Task: Please state how many lines below include the word "entries"; the reply should be the number only.
[[ Extracted material open ]]
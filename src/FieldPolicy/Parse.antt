-- ===== src/FieldPolicy/Parse.antt =====
-- `_parse_field_policy`, and its loading and caching (src/odoo_mcp/field_policy.py). A raise is
-- an error value. Reading and decoding the file is a parameter.
pub mod Shape
use mcp_odoo.Prelude.Result.{Result, err, ok, ◌>>=◌}
use mcp_odoo.Prelude.{
  String, Bool, true, false, not, Option, none, some, List, [], ◌∷◌, str_eq, if◌then◌else◌,
}
use mcp_odoo.Prelude.Dict
use mcp_odoo.Prelude.Dict.{Dict}
use mcp_odoo.Prelude.Text.{strip}
use mcp_odoo.Json.{Value, text, list, dict, Items, nil, cons, Fields, end, field, get_field}
use mcp_odoo.FieldPolicy.{Mode, deny, allow, ModelFieldRule, FieldPolicy}

pub data PolicyError : Type 0 where
  acl_not_object : PolicyError
  instance_not_object : String → PolicyError
  model_not_object needs_exactly_one not_names : String → String → PolicyError
  unreadable_file not_object_file read_raised : String → PolicyError

-- the texts of a list, if it holds nothing else
unfoldable pub texts_of : Items → Option (List String)
texts_of nil = some []
texts_of (cons v vs) = elim (texts_of vs) [
  | none ↦ none
  | some rest ↦ elim v [ text s ↦ some (s ∷ rest) | _ ↦ none ]
]

-- `item.strip() for item in raw if item.strip()`
unfoldable pub stripped : List String → List String
stripped [] = []
stripped (s ∷ ss) = let rest = stripped ss in if str_eq (strip s) "" then rest else strip s ∷ rest

-- the value must be a list of texts
unfoldable pub names_rule : PolicyError → Mode → Value → Result PolicyError ModelFieldRule
names_rule e mode v = elim v [
  | list vs ↦ elim (texts_of vs) [
    | none ↦ err e
    | some names ↦ ok (record { mode = mode; fields = stripped names })
  ]
  | _ ↦ err e
]

-- the tests on the keys of one model's entry
unfoldable pub choose_rule :
    String → String → Option Value → Option Value → Result PolicyError ModelFieldRule
choose_rule instance model (some v) none = names_rule (not_names instance model) deny v
choose_rule instance model none (some v) = names_rule (not_names instance model) allow v
choose_rule instance model _ _ = err (needs_exactly_one instance model)

-- the body of the inner loop
unfoldable pub parse_rule : String → String → Value → Result PolicyError ModelFieldRule
parse_rule instance model spec = elim spec [
  | dict fs ↦ choose_rule instance model (get_field "deny" fs) (get_field "allow" fs)
  | _ ↦ err (model_not_object instance model)
]

-- the inner loop, over `models.items()`
unfoldable pub parse_models :
    String → Fields → Dict ModelFieldRule → Result PolicyError (Dict ModelFieldRule)
parse_models instance end rules = ok rules
parse_models instance (field model spec fs) rules = do
  rule ← parse_rule instance model spec
  parse_models instance fs (Dict.put model rule rules)

-- the outer loop, over `acl.items()`
unfoldable pub parse_instances : Fields → FieldPolicy → Result PolicyError FieldPolicy
parse_instances end policy = ok policy
parse_instances (field instance models fs) policy = elim models [
  | dict ms ↦ do
    rules ← parse_models instance ms []
    parse_instances fs (Dict.put instance rules policy)
  | _ ↦ err (instance_not_object instance)
]

-- `_parse_field_policy`
unfoldable pub parse_field_policy : Fields → Result PolicyError FieldPolicy
parse_field_policy config = elim (get_field "field_acl" config) [
  | none ↦ ok []
  | some acl ↦ elim acl [ dict fs ↦ parse_instances fs [] | _ ↦ err acl_not_object ]
]

-- What the process has around it: the environment, the files that exist, and what a file decodes
-- to as JSON (`none` where that is an `OSError` or a `JSONDecodeError`); `escapes` tells of the files
-- whose reading raises something else, as a text that is not UTF-8 does.
pub record Files : Type 0 where
  pub env : String → Option String
  pub exists : String → Bool
  pub decode : String → Option Value
  pub escapes : String → Bool

abbrev env_text : Files → String → String
env_text files name = elim (files.env name) [ none ↦ "" | some s ↦ strip s ]

-- `policy_file_path` of src/odoo_mcp/write_policy.py
unfoldable pub policy_file_path : Files → Option String
policy_file_path files =
    let explicit = env_text files "ODOO_MCP_POLICY_FILE" in
    if not (str_eq explicit "")
    then some explicit
    else if files.exists "odoo_mcp_policy.json"
    then some "odoo_mcp_policy.json"
    else none

-- `field_policy_file_path`
unfoldable pub field_policy_file_path : Files → Option String
field_policy_file_path files =
    let explicit = env_text files "ODOO_MCP_FIELD_POLICY_FILE" in
    if not (str_eq explicit "") then some explicit else policy_file_path files

-- `load_field_policy`
unfoldable pub load_field_policy : Files → Result PolicyError FieldPolicy
load_field_policy files = elim (field_policy_file_path files) [
  | none ↦ ok []
  | some path ↦ if files.escapes path then err (read_raised path) else (elim (files.decode path) [
    | none ↦ err (unreadable_file path)
    | some v ↦ elim v [ dict fs ↦ parse_field_policy fs | _ ↦ err (not_object_file path) ]
  ])
]

-- `get_field_policy`: the cached policy, or what loading gives; a failed load caches nothing
unfoldable pub get_field_policy :
    Files → Option FieldPolicy → Option FieldPolicy × Result PolicyError FieldPolicy
get_field_policy files (some policy) = (some policy, ok policy)
get_field_policy files none = elim (load_field_policy files) [
  | ok policy ↦ (some policy, ok policy)
  | err e ↦ (none, err e)
]
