-- ===== src/SideEffects.antt =====
-- The reviewed side-effect methods of src/odoo_mcp/write_policy.py: a list of exact names, from the
-- environment and from the policy file.
pub mod Allowed
mod Tests
use mcp_odoo.Prelude.{
  String, Bool, true, false, Option, none, some, List, [], ◌∷◌, ◌++◌, ◌==◌, str_eq, if◌then◌else◌,
}
use mcp_odoo.Prelude.Dict.{contains}
use mcp_odoo.Prelude.Result.{Result, ok, err, ◌>>=◌}
use mcp_odoo.Prelude.Text.{strip, split_on}
use mcp_odoo.Json.{
  Value, text, list, dict, Items, nil, cons, Fields, end, field, get_field, or_else,
}
use mcp_odoo.Write.Host.{Host}
use mcp_odoo.Write.Approvals.{text_at}
use mcp_odoo.FieldPolicy.Parse.{Files, policy_file_path}
use Prim.Native.Char.{Char, code}
use Prim.Native.String.{◌++◌ as append_text}

-- what Python raises: `.get` of what is no dict, a loop over what cannot be iterated, and what the
-- reading of the file raises besides an `OSError` and a `JSONDecodeError`
pub data PolicyFault : Type 0 where
  attribute_error type_error read_error : PolicyFault

-- `[item.strip() for item in … if item.strip()]`
unfoldable pub stripped_names : List String → List String
stripped_names [] = []
stripped_names (item ∷ items) =
    let rest = stripped_names items in if str_eq (strip item) "" then rest else strip item ∷ rest

-- the name of an entry of the file
unfoldable pub entry_name : Host → Value → String
entry_name host (text s) = strip s
entry_name host (dict fs) = strip (text_at host "method" fs)
entry_name host v = ""

-- the loop over the entries
unfoldable pub entry_names : Host → Items → List String
entry_names host nil = []
entry_names host (cons v vs) =
    let rest = entry_names host vs in
    if str_eq (entry_name host v) "" then rest else entry_name host v ∷ rest

unfoldable pub characters : String → Items
characters String.[] = nil
characters (String.◌∷◌ c s) = cons (text (String.◌∷◌ c String.[])) (characters s)

unfoldable pub key_items : Fields → Items
key_items end = nil
key_items (field k v fs) = cons (text k) (key_items fs)

-- what `for entry in v` runs through
unfoldable pub iterated : Value → Result PolicyFault Items
iterated (list vs) = ok vs
iterated (text s) = ok (characters s)
iterated (dict fs) = ok (key_items fs)
iterated _ = err type_error

-- what follows the reading of the file; one that cannot be read has no methods
abbrev pub load_decoded : Host → Option Value → Result PolicyFault (List String)
load_decoded host none = ok []
load_decoded host (some (dict fs)) = do
  entries ← iterated (or_else (get_field "allowed_side_effect_methods" fs) (list nil))
  ok (entry_names host entries)
load_decoded host (some _) = err attribute_error

-- `load_side_effect_policy`: the methods
unfoldable pub load_side_effect_policy : Host → Files → Result PolicyFault (List String)
load_side_effect_policy host files = elim (policy_file_path files) [
  | none ↦ ok []
  | some path ↦ if files.escapes path then err read_error else load_decoded host (files.decode path)
]

-- `if name not in merged: merged.append(name)`, behind what `merged` has
unfoldable pub merge_names : List String → List String → List String
merge_names merged [] = merged
merge_names merged (name ∷ names) =
    merge_names (if contains merged name then merged else merged ++ name ∷ []) names

-- `ODOO_MCP_ALLOWED_SIDE_EFFECT_METHODS`
abbrev pub env_methods : Files → List String
env_methods files =
    let raw : String = elim (files.env "ODOO_MCP_ALLOWED_SIDE_EFFECT_METHODS") [
      | none ↦ ""
      | some s ↦ s
    ] in
    stripped_names (split_on b',' raw)

-- `allowed_side_effect_methods`
unfoldable pub allowed_side_effect_methods : Host → Files → Result PolicyFault (List String)
allowed_side_effect_methods host files = do
  from_file ← load_side_effect_policy host files
  ok (merge_names [] (env_methods files ++ from_file))

-- `side_effect_method_allowed`
unfoldable pub side_effect_method_allowed : Host → Files → String → String → Result PolicyFault Bool
side_effect_method_allowed host files model method = do
  methods ← allowed_side_effect_methods host files
  ok (contains methods (append_text model (append_text "." method)))
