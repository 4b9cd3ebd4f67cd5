-- ===== src/CrossInstance.antt =====
-- src/odoo_mcp/cross_instance.py: which instances a query goes to, and how their rows are merged. The
-- sums over measures and buckets, which are floats, are not modelled.
pub mod Selected
pub mod Merged
mod Tests
use mcp_odoo.Prelude.Result.{Result, ok, err, ◌>>=◌}
use mcp_odoo.Prelude.{
  String, Bool, true, false, not, ◌&&◌, Option, none, some, List, [], ◌∷◌, ◌++◌, any, str_eq,
  if◌then◌else◌,
}
use mcp_odoo.Prelude.Dict
use mcp_odoo.Prelude.Dict.{Dict, contains}
use mcp_odoo.Prelude.Text.{strip}
use mcp_odoo.Json.{
  Value, null, text, list, dict, Items, nil, cons, Fields, end, field, get_field, get_or_null,
  put_field, or_else, truthy,
}
use mcp_odoo.Write.Host.{Host, str}
use mcp_odoo.SideEffects.{PolicyFault, iterated}
use mcp_odoo.FieldPolicy.{sorted_set}

pub record InstanceMeta : Type 0 where
  pub tags : List String
  pub cross_instance : Bool

pub record Selection : Type 0 where
  pub selected : List String
  pub skipped_opt_out : List String
  pub unknown : List String

-- `{str(t).strip() for t in raw if str(t).strip()}`, as a list
unfoldable pub stripped_tags : Host → Items → List String
stripped_tags host nil = []
stripped_tags host (cons v vs) =
    let rest = stripped_tags host vs in
    let tag = strip (str host v) in if str_eq tag "" then rest else tag ∷ rest

-- the tags of an entry, `entry.get("tags") or []`
unfoldable pub tags_of : Host → Fields → Result PolicyFault (List String)
tags_of host entry = do
  raw ← iterated (or_else (get_field "tags" entry) (list nil))
  ok (stripped_tags host raw)

-- an instance takes part unless it opts out
abbrev pub takes_part : Value → Bool
takes_part null = true
takes_part v = truthy v

-- `parse_instances_meta`
unfoldable pub parse_instances_meta : Host → Dict Fields → Result PolicyFault (Dict InstanceMeta)
parse_instances_meta host [] = ok []
parse_instances_meta host ((name, entry) ∷ summary) = do
  tags ← tags_of host entry
  rest ← parse_instances_meta host summary
  ok (
      (
        name,
        record { tags = tags; cross_instance = takes_part (get_or_null "cross_instance" entry) },
      )
      ∷ rest)

-- the three shapes of `requested`
pub data Requested : Type 0 where
  every : Requested
  tagged named : List String → Requested

unfoldable pub rendered : Host → Items → List String
rendered host nil = []
rendered host (cons v vs) = str host v ∷ rendered host vs

abbrev names_of : Host → Value → Result PolicyFault Requested
names_of host v = do items ← iterated v; ok (named (rendered host items))

-- a text that is not "all" is the list of its characters
unfoldable pub read_request : Host → Value → Result PolicyFault Requested
read_request host null = ok every
read_request host (text s) = if str_eq s "all" then ok every else names_of host (text s)
read_request host (dict fs) = do wanted ← tags_of host fs; ok (tagged wanted)
read_request host v = names_of host v

-- the instances that take part and pass a test
unfoldable pub opted_in : (InstanceMeta → Bool) → Dict InstanceMeta → List String
opted_in p [] = []
opted_in p ((name, meta) ∷ metas) =
    let rest = opted_in p metas in if meta.cross_instance && p meta then name ∷ rest else rest

-- `metas[name].tags & wanted_tags`
abbrev pub has_tag : List String → InstanceMeta → Bool
has_tag wanted meta = any (contains wanted) meta.tags

-- the loop over explicit names
unfoldable pub select_named : Dict InstanceMeta → List String → Selection
select_named metas [] = record { selected = []; skipped_opt_out = []; unknown = [] }
select_named metas (name ∷ names) =
    let rest = select_named metas names in
    elim (Dict.get name metas) [
      | none ↦ record rest { unknown = name ∷ rest.unknown }
      | some meta ↦
          if not meta.cross_instance
          then record rest { skipped_opt_out = name ∷ rest.skipped_opt_out }
          else record rest { selected = name ∷ rest.selected }
    ]

abbrev only : List String → Selection
only names = record { selected = names; skipped_opt_out = []; unknown = [] }

unfoldable pub select : Dict InstanceMeta → Requested → Selection
select metas every = only (sorted_set (opted_in (λ _. true) metas))
select metas (tagged wanted) = only (sorted_set (opted_in (has_tag wanted) metas))
select metas (named names) = select_named metas names

-- `select_instances`
unfoldable pub select_instances : Host → Value → Dict InstanceMeta → Result PolicyFault Selection
select_instances host requested metas = do q ← read_request host requested; ok (select metas q)

-- `{**record, INSTANCE_TAG_KEY: name}`
abbrev pub tag_row : String → Fields → Fields
tag_row name row = put_field "_instance" (text name) row

unfoldable pub tag_rows : String → List Fields → List Fields
tag_rows name [] = []
tag_rows name (row ∷ rows) = tag_row name row ∷ tag_rows name rows

-- `tag_and_merge`
unfoldable pub tag_and_merge : Dict (List Fields) → List Fields
tag_and_merge [] = []
tag_and_merge ((name, rows) ∷ results) = tag_rows name rows ++ tag_and_merge results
[[ Extracted material closed ]]
Response below: 3